ALVAND 2.0
An advanced computational code for thermo-neutronic design and analysis of nuclear reactor cores
About ALVAND 2.0
ALVAND 2.0 is an advanced computational software for 3D steady-state thermo-neutronic analysis of reactor cores having single phase coolant flows. It consists of a variety of solvers for treating hexagonal and rectangular shaped reactors. Multigroup forward (direct) and backward (adjoint) diffusion equations are efficiently discretized via a number of nodal and finite element subroutines. The equations are then coupled to the single heated channel model for each assembly to calculate thermal-hydraulic quantities in all radial and axial nodes. The software has a variety of features including:
- optimized for hexagonal and rectangular cores with different symmetries (30o, 45o, 60o, 90o, 120o, 180o) and different boundary conditions;
- supporting direct feeding of x-sections, or indirect via PMAXS libraries;
- estimating reactor core’s significant parameters over the cycle, e.g. k-effective, group fluxes, power, boron concentration, kinetic parameters, reactivity coefficient of fuel and moderator temperature, Xe-135/Sm-149 inventory, temperature distributions within the core, peaking factors, fuel burn up etc.;
- ability to set piecewise working plan for the core (BOC-EOC) with different power levels and control rod positions;
- various options for solving linear/non-linear system of equations accelerated by a proper techniques as well as parallel processing. An “Automatic” mode is also embedded for the user convenience;
- capable of multi-cycle core simulation by shuffling fuel assemblies and/or exchanging fuel types;
- extensive and well-organized output files.
This code is applicable for reactor engineers, core designers, safety inspectors, and academics.
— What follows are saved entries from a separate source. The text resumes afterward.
-- ===== src/Pool/Info/Tests.antt =====
-- The statistics of src/pool/pool.go at a concrete input.
use business2api.Base.{◌+◌, ◌*◌, ◌≡◌, refl, not, [], ◌∷◌, length, keep}
use business2api.Text.{eqb}
use business2api.Pool.Account.{second}
use business2api.Pool.Next.{exceeded_daily}
use business2api.Pool.Samples.{settings, pool_of}
use business2api.Pool.Info.{stats}
use business2api.Pool.Info.Daily.{stats-keep}

-- The first account is used up.
available_of_pool : (stats settings (100 * second) (pool_of (0 ∷ 1 ∷ 2 ∷ []) [])).available ≡ 2
unfolding stats eqb
available_of_pool = refl

stats-keep_example :
    let pool = pool_of (0 ∷ 1 ∷ 2 ∷ []) [] in
    ((stats settings (100 * second) pool).available
      ≡ length (
          keep
            (λ p. not (exceeded_daily settings (100 * second) (pool.heap p)))
            pool.ready_accounts))
    × ((stats settings (100 * second) pool).available
          + (stats settings (100 * second) pool).exceeded
        ≡ length pool.ready_accounts)
stats-keep_example = stats-keep settings (100 * second) (pool_of (0 ∷ 1 ∷ 2 ∷ []) [])
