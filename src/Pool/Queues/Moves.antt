-- ===== src/Pool/Queues/Moves.antt =====
-- src/pool/pool.go: where each account stands after an operation on the queues. The accounts that
-- a refresh worker holds stand in neither queue.
use business2api.Base.{
  ℕ, ◌+◌, ◌≤◌, ◌<◌, ◌≡◌, ◌∙◌, Bool, true, not, List, [], ◌∷◌, some, arith, ◌==◌, if◌then◌else◌, inl,
  inr, Bool-cases, Option-cases, elem, count, count-append,
}
use business2api.Pool.Account.{Account, Settings, is_within}
use business2api.Pool.State.{AccountPool}
use business2api.Pool.Queues.{
  remove_first, remove_all, take_pending, get_pending_account, mark_ready, mark_pending,
  mark_external_refresh_pending, mark_needs_refresh, sweep, refresh_expired_accounts,
  refresh_all_accounts, force_refresh_all, needs_refresh, demote, demote_without_jwt,
  demote_at_once, requeue,
}

abbrev pub is_at : ℕ → ℕ → ℕ
is_at p q = if p == q then 1 else 0

-- How often the account is queued.
abbrev pub queued : ℕ → AccountPool → ℕ
queued q pool = count q pool.ready_accounts + count q pool.pending_accounts

pub count-remove_first :
    (p q : ℕ) (xs : List ℕ)
    → count q (remove_first p xs) + (if elem p xs then is_at p q else 0) ≡ count q xs
unfolding remove_first
count-remove_first p q [] = omega arith
count-remove_first p q (x ∷ xs) = ground (arith, count-remove_first p q xs)

pub count-remove_all :
    (p q : ℕ) (xs : List ℕ) → count q (remove_all p xs) ≡ (if p == q then 0 else count q xs)
unfolding remove_all
count-remove_all p q [] = ground arith
count-remove_all p q (x ∷ xs) = ground (arith, count-remove_all p q xs)

pub elem-pos : (p : ℕ) (xs : List ℕ) → elem p xs ≡ true → 0 < count p xs
elem-pos p [] e = cc
elem-pos p (x ∷ xs) e = ground (arith, elem-pos p xs)

count_of_take_pending :
    (heap : ℕ → Account) (q p : ℕ) (xs rest : List ℕ)
    → take_pending heap xs ≡ some (p, rest)
    → count q xs ≡ is_at p q + count q rest
unfolding take_pending
count_of_take_pending heap q p [] rest e = cc
count_of_take_pending heap q p (x ∷ xs) rest e = elim (Option-cases (take_pending heap xs)) [
  | inl absent ↦ ground arith
  | inr (w, m) ↦ ground (arith, count_of_take_pending heap q w.0 xs w.1 m)
]

-- A worker takes one account out of the pending queue, and never one that waits for an external
-- refresh.
pub get_pending_account-queued :
    (pool : AccountPool) (q p : ℕ)
    → (get_pending_account pool).1 ≡ some p
    → queued q pool ≡ is_at p q + queued q (get_pending_account pool).0
unfolding get_pending_account
get_pending_account-queued pool q p e =
    elim (Option-cases (take_pending pool.heap pool.pending_accounts)) [
      | inl absent ↦ ground arith
      | inr (w, m) ↦
          ground (arith, count_of_take_pending pool.heap q w.0 pool.pending_accounts w.1 m)
    ]

sweep-queued :
    (picks : ℕ → Account → Bool) (f : Account → Account) (ps : List ℕ) (pool : AccountPool) (q : ℕ)
    → queued q (sweep picks f ps pool) ≡ count q ps + count q pool.pending_accounts
unfolding sweep
sweep-queued picks f [] pool q = omega arith
sweep-queued picks f (p ∷ ps) pool q = elim (Bool-cases (picks p (pool.heap p))) [
  | inl moves ↦
      rw (moves, sweep)
        (omega (arith, sweep-queued picks f ps _ q, count-append q pool.pending_accounts (p ∷ [])))
  | inr stays ↦ rw (stays, sweep) (omega (arith, sweep-queued picks f ps pool q))
]

-- The three scans lose no account and queue none twice: each is queued as often as before.
pub scans-queued :
    (s : Settings) (now : ℕ) (clock : ℕ → ℕ) (pool : AccountPool) (q : ℕ)
    → (queued q (refresh_expired_accounts s now pool) ≡ queued q pool)
      × (queued q (refresh_all_accounts s clock pool) ≡ queued q pool)
      × (queued q (force_refresh_all pool).0 ≡ queued q pool)
unfolding refresh_expired_accounts refresh_all_accounts force_refresh_all
scans-queued s now clock pool q = (
  sweep-queued (λ p acc. needs_refresh s now acc) demote pool.ready_accounts pool q,
  sweep-queued (λ p acc. not (is_within (clock p) acc.last_refresh s.refresh_cooldown))
      demote_without_jwt pool.ready_accounts pool q,
  sweep-queued (λ p acc. true) demote_at_once pool.ready_accounts pool q,
)

pub mark_ready-queued :
    (p : ℕ) (pool : AccountPool) (q : ℕ) → queued q (mark_ready p pool) ≡ is_at p q + queued q pool
unfolding mark_ready
mark_ready-queued p pool q = ground (arith, count-append q pool.ready_accounts (p ∷ []))

-- `MarkPending` moves an account that is ready, and queues one that is not once more.
pub mark_pending-queued :
    (p : ℕ) (pool : AccountPool) (q : ℕ)
    → queued q (mark_pending p pool)
      ≡ (if elem p pool.ready_accounts then 0 else is_at p q) + queued q pool
unfolding mark_pending
mark_pending-queued p pool q = ground (
  arith,
  count-append q pool.pending_accounts (p ∷ []),
  count-remove_first p q pool.ready_accounts,
)

-- After `MarkExternalRefreshPending` the account stands once in the pending queue, and in the ready
-- queue once less than before, if it was there; every other account is queued as often as before.
pub mark_external_refresh_pending-queued :
    (p : ℕ) (pool : AccountPool) (q : ℕ)
    → queued q (mark_external_refresh_pending p pool)
      ≡ (if p == q then 1 + count q (remove_first p pool.ready_accounts) else queued q pool)
unfolding mark_external_refresh_pending
mark_external_refresh_pending-queued p pool q = ground (
  arith,
  count-append q (remove_all p pool.pending_accounts) (p ∷ []),
  count-remove_first p q pool.ready_accounts,
  count-remove_all p q pool.pending_accounts,
)

pub requeue-queued :
    (p : ℕ) (pool : AccountPool) (q : ℕ) → queued q (requeue p pool) ≡ is_at p q + queued q pool
unfolding requeue
requeue-queued p pool q = ground (arith, count-append q pool.pending_accounts (p ∷ []))

mark_pending_ready-queued :
    (p : ℕ) (pool : AccountPool) (q : ℕ)
    → elem p pool.ready_accounts ≡ true
    → queued q (mark_pending p pool) ≡ queued q pool
mark_pending_ready-queued p pool q m = mark_pending-queued p pool q ∙ rw m (omega arith)

removed_once :
    (p : ℕ) (xs : List ℕ) → elem p xs ≡ true → 1 + count p (remove_first p xs) ≡ count p xs
removed_once p xs m = ground (arith, count-remove_first p p xs)

-- An account that is ready once and not pending is queued once after either form of the request to
-- refresh it.
pub mark_needs_refresh-queued :
    (s : Settings) (p : ℕ) (pool : AccountPool) (q : ℕ)
    → elem p pool.ready_accounts ≡ true
    → queued p pool ≤ 1
    → queued q (mark_needs_refresh s p pool) ≡ queued q pool
unfolding mark_needs_refresh
mark_needs_refresh-queued s p pool q m once = elim (Bool-cases s.external_refresh_mode) [
  | inl external ↦ rw external (
      ground (
        arith,
        mark_external_refresh_pending-queued p pool q,
        removed_once p pool.ready_accounts m,
      ))
  | inr internal ↦
      rw internal (omega (arith, mark_pending_ready-queued p (record pool { heap = _ }) q m))
]
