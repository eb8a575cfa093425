-- ===== src/Pool/Load/Known.antt =====
-- src/pool/pool.go, `Load`: what the map of known accounts holds.
use business2api.Base.{
  ℕ, ◌≡◌, ◌≢◌, true, List, [], ◌∷◌, Option, some, arith, inl, inr, Bool-cases, Option-cases, elem,
}
use business2api.Text.{Text, eqb, eqb_iff}
use business2api.Pool.Account.{Account}
use business2api.Pool.Load.{known_of, forget}

-- A known account has the path under which it is known, and is one of the list.
pub known_of-path :
    (heap : ℕ → Account) (ps : List ℕ) (path : Text) (p : ℕ)
    → known_of heap ps path ≡ some p
    → ((heap p).file_path ≡ path) × (elem p ps ≡ true)
unfolding known_of
known_of-path heap [] path p e = cc
known_of-path heap (q ∷ ps) path p e = elim (Option-cases (known_of heap ps path)) [
  | inl absent ↦ elim (Bool-cases (eqb (heap q).file_path path)) [
    | inl same ↦ ground (arith, (eqb_iff (heap q).file_path path).0 same)
    | inr other ↦ ground arith
  ]
  | inr (r, found) ↦ ground (arith, known_of-path heap ps path r found)
]

pub forget-other :
    (path other : Text) (known : Text → Option ℕ) (p : ℕ)
    → forget path known other ≡ some p
    → (path ≢ other) × (known other ≡ some p)
forget-other path other known p e = elim (Bool-cases (eqb path other)) [
  | inl same ↦ ground arith
  | inr apart ↦ (λ x. ground (arith, (eqb_iff path other).1 x), ground arith)
]
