-- ===== src/Pool/Load/Halfway.antt =====
-- src/pool/pool.go, `Load`: what holds between two files, and that a known and a new account keep it.
use native.Mathlib.Decide.{ℕ_discrete}
use business2api.Base.{
  ℕ, ◌+◌, ◌≤◌, ◌<◌, ◌≡◌, ◌≢◌, refl, ap, sym, ◌∙◌, [], ◌∷◌, Option, some, arith, inl, inr,
  Bool-cases, count-append,
}
use business2api.Text.{Text}
use business2api.Pool.Account.{Account, Settings}
use business2api.Pool.State.{AccountPool}
use business2api.Pool.Jwt.{Codecs}
use business2api.Pool.Queues.Moves.{queued, is_at}
use business2api.Pool.Load.{keep_known, add_new, forget}
use business2api.Pool.Load.Known.{forget-other}

-- Between two files: pointers from the next one on are unused, the known accounts are not queued yet
-- and have the path under which they are known, and no account is queued twice.
pub record Halfway (known : Text → Option ℕ) (pool : AccountPool) : Type 0 where
  pub fresh : (p : ℕ) → pool.next_pointer ≤ p → queued p pool ≡ 0
  pub path : (path : Text) (p : ℕ) → known path ≡ some p → (pool.heap p).file_path ≡ path
  pub old : (path : Text) (p : ℕ) → known path ≡ some p → p < pool.next_pointer
  pub absent : (path : Text) (p : ℕ) → known path ≡ some p → queued p pool ≡ 0
  pub once : (p : ℕ) → queued p pool ≤ 1

pub forget-Halfway :
    (path : Text) (known : Text → Option ℕ) (pool : AccountPool)
    → Halfway known pool
    → Halfway (forget path known) pool
forget-Halfway path known pool v = record {
  fresh = v.fresh;
  path = λ other p e. v.path other p (forget-other path other known p e).1;
  old = λ other p e. v.old other p (forget-other path other known p e).1;
  absent = λ other p e. v.absent other p (forget-other path other known p e).1;
  once = v.once;
}

is_at-apart : (p q : ℕ) → p ≢ q → is_at p q ≡ 0
is_at-apart p q d = ground arith

is_at-le : (p q : ℕ) → is_at p q ≤ 1
is_at-le p q = ground arith

module _ (lib : Codecs) (s : Settings) where
  keep_known-queued :
      (p q : ℕ) (pool : AccountPool)
      → queued q (keep_known lib s p pool) ≡ is_at p q + queued q pool
  unfolding keep_known
  keep_known-queued p q pool = ground (
    arith,
    count-append q pool.ready_accounts (p ∷ []),
    count-append q pool.pending_accounts (p ∷ []),
  )

  keep_known-heap :
      (p : ℕ) (pool : AccountPool)
      → ((keep_known lib s p pool).heap ≡ pool.heap)
        × ((keep_known lib s p pool).next_pointer ≡ pool.next_pointer)
  unfolding keep_known
  keep_known-heap p pool = elim (Bool-cases (pool.heap p).refreshed) [
    | inl e ↦ rw e (refl, refl)
    | inr e ↦ rw e (refl, refl)
  ]

  pub keep_known-Halfway :
      (path : Text) (p : ℕ) (known : Text → Option ℕ) (pool : AccountPool)
      → known path ≡ some p
      → Halfway known pool
      → Halfway (forget path known) (keep_known lib s p pool)
  keep_known-Halfway path p known pool found v =
      let kept = keep_known-heap p pool in
      record {
        fresh = λ q h. omega (
          arith,
          keep_known-queued p q pool,
          is_at-apart p q (λ e. later q (rw kept.1 at h) e),
          v.fresh q (rw kept.1 at h),
        );
        path = λ other q e.
            ap (λ heap. (heap q).file_path) kept.0
            ∙ v.path other q (forget-other path other known q e).1;
        old = λ other q e. rw kept.1 (v.old other q (forget-other path other known q e).1);
        absent = λ other q e.
            let kept_known = forget-other path other known q e in
            omega (
              arith,
              keep_known-queued p q pool,
              is_at-apart p q (λ pq. kept_known.0 (same_path other q kept_known.1 pq)),
              v.absent other q kept_known.1,
            );
        once = λ q. elim (ℕ_discrete p q) [
          | yes pq ↦ omega (
            arith,
            keep_known-queued p q pool,
            is_at-le p q,
            v.absent path q (found ∙ ap (λ r. some r) pq),
          )
          | no d ↦ omega (arith, keep_known-queued p q pool, is_at-apart p q d, v.once q)
        ];
      }
    where
      later : (q : ℕ) → pool.next_pointer ≤ q → p ≡ q → ⊥
      later q h e = let old : p < pool.next_pointer = v.old path p found in omega arith

      same_path : (other : Text) (q : ℕ) → known other ≡ some q → p ≡ q → path ≡ other
      same_path other q e pq =
          sym (v.path path p found) ∙ (ap (λ r. (pool.heap r).file_path) pq ∙ v.path other q e)

  add_new-queued :
      (acc : Account) (q : ℕ) (pool : AccountPool)
      → queued q (add_new lib s acc pool) ≡ is_at pool.next_pointer q + queued q pool
  unfolding add_new
  add_new-queued acc q pool =
      ground (arith, count-append q pool.pending_accounts (pool.next_pointer ∷ []))

  add_new-heap :
      (acc : Account) (q : ℕ) (pool : AccountPool)
      → q < pool.next_pointer
      → (add_new lib s acc pool).heap q ≡ pool.heap q
  unfolding add_new
  add_new-heap acc q pool h = ground arith

  add_new-next :
      (acc : Account) (pool : AccountPool)
      → (add_new lib s acc pool).next_pointer ≡ pool.next_pointer + 1
  unfolding add_new
  add_new-next acc pool = refl

  pub add_new-Halfway :
      (acc : Account) (known : Text → Option ℕ) (pool : AccountPool)
      → Halfway known pool
      → Halfway known (add_new lib s acc pool)
  add_new-Halfway acc known pool v = record {
    fresh = λ q h.
        let above : pool.next_pointer + 1 ≤ q = rw (add_new-next acc pool) at h in
        omega (
          arith,
          add_new-queued acc q pool,
          is_at-apart pool.next_pointer q (λ e. omega arith),
          v.fresh q (omega arith),
        );
    path = λ other q e.
        ap (λ a. a.file_path) (add_new-heap acc q pool (v.old other q e)) ∙ v.path other q e;
    old = λ other q e. omega (arith, add_new-next acc pool, v.old other q e);
    absent = λ other q e.
        let old : q < pool.next_pointer = v.old other q e in
        omega (
          arith,
          add_new-queued acc q pool,
          is_at-apart pool.next_pointer q (λ e. omega arith),
          v.absent other q e,
        );
    once = λ q. elim (ℕ_discrete pool.next_pointer q) [
      | yes e ↦
          omega (
            arith,
            add_new-queued acc q pool,
            is_at-le pool.next_pointer q,
            v.fresh q (omega arith),
          )
      | no d ↦ omega (arith, add_new-queued acc q pool, is_at-apart pool.next_pointer q d, v.once q)
    ];
  }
Extensive V&V process is under action to ensure reliability of solutions. This include running the code for different semi-analytic and realistic problems, and comparing the outcome against benchmark values obtained via established codes e.g. DONJON, PARCS and other resources. The outputs prove good agreement with the reference data.
Future developments mainly focus on enabling dynamic features as well as plug-ins to a number of external TH codes (like ARAS or PARS) to realize accident analysis and improved time-dependent core TH evaluations. More options e.g. pin power reconstruction, detector response estimation, and residual heat inclusion are also planned.